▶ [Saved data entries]
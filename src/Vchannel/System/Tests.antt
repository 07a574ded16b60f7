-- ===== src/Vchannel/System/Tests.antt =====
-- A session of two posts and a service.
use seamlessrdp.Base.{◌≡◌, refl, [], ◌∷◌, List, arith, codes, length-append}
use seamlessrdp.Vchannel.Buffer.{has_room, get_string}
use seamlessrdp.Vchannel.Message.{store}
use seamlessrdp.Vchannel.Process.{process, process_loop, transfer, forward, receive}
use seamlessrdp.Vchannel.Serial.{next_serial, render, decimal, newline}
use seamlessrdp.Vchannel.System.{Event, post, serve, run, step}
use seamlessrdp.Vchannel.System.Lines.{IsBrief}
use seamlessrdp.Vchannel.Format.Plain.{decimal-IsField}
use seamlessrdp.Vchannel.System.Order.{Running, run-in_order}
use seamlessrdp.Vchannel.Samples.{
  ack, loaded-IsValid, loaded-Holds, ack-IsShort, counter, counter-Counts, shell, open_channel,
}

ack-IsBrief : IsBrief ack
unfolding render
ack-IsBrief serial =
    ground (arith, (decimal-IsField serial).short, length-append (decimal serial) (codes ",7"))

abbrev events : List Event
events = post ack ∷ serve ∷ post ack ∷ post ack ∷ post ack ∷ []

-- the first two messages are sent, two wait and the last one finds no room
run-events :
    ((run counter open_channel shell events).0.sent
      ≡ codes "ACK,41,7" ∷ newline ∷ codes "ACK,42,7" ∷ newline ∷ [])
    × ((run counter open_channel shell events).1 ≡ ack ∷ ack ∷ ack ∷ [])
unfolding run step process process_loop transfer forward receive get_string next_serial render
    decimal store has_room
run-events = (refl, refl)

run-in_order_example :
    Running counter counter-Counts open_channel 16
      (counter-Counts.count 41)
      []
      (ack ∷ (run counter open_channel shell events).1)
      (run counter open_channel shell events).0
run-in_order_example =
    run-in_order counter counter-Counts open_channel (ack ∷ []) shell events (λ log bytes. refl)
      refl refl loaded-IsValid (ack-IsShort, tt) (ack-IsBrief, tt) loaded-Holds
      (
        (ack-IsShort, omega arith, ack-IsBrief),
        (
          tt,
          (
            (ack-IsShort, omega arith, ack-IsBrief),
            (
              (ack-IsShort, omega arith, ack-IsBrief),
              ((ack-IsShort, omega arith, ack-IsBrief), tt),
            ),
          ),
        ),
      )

▶ [Try it] What you return must match the records exactly, down to the last line.

▶ [Exercise answer]
filename src/Vchannel/System/Tests.antt
repository 07a574ded16b60f7
-- ===== src/Vchannel/System/Tests.antt =====
-- A session of two posts and a service.
use seamlessrdp.Base.{◌≡◌, refl, [], ◌∷◌, List, arith, codes, length-append}
use seamlessrdp.Vchannel.Buffer.{has_room, get_string}
use seamlessrdp.Vchannel.Message.{store}
use seamlessrdp.Vchannel.Process.{process, process_loop, transfer, forward, receive}
use seamlessrdp.Vchannel.Serial.{next_serial, render, decimal, newline}
use seamlessrdp.Vchannel.System.{Event, post, serve, run, step}
use seamlessrdp.Vchannel.System.Lines.{IsBrief}
use seamlessrdp.Vchannel.Format.Plain.{decimal-IsField}
use seamlessrdp.Vchannel.System.Order.{Running, run-in_order}
use seamlessrdp.Vchannel.Samples.{
  ack, loaded-IsValid, loaded-Holds, ack-IsShort, counter, counter-Counts, shell, open_channel,
}

ack-IsBrief : IsBrief ack
unfolding render
ack-IsBrief serial =
    ground (arith, (decimal-IsField serial).short, length-append (decimal serial) (codes ",7"))

abbrev events : List Event
events = post ack ∷ serve ∷ post ack ∷ post ack ∷ post ack ∷ []

-- the first two messages are sent, two wait and the last one finds no room
run-events :
    ((run counter open_channel shell events).0.sent
      ≡ codes "ACK,41,7" ∷ newline ∷ codes "ACK,42,7" ∷ newline ∷ [])
    × ((run counter open_channel shell events).1 ≡ ack ∷ ack ∷ ack ∷ [])
unfolding run step process process_loop transfer forward receive get_string next_serial render
    decimal store has_room
run-events = (refl, refl)

run-in_order_example :
    Running counter counter-Counts open_channel 16
      (counter-Counts.count 41)
      []
      (ack ∷ (run counter open_channel shell events).1)
      (run counter open_channel shell events).0
run-in_order_example =
    run-in_order counter counter-Counts open_channel (ack ∷ []) shell events (λ log bytes. refl)
      refl refl loaded-IsValid (ack-IsShort, tt) (ack-IsBrief, tt) loaded-Holds
      (
        (ack-IsShort, omega arith, ack-IsBrief),
        (
          tt,
          (
            (ack-IsShort, omega arith, ack-IsBrief),
            (
              (ack-IsShort, omega arith, ack-IsBrief),
              ((ack-IsShort, omega arith, ack-IsBrief), tt),
            ),
          ),
        ),
      )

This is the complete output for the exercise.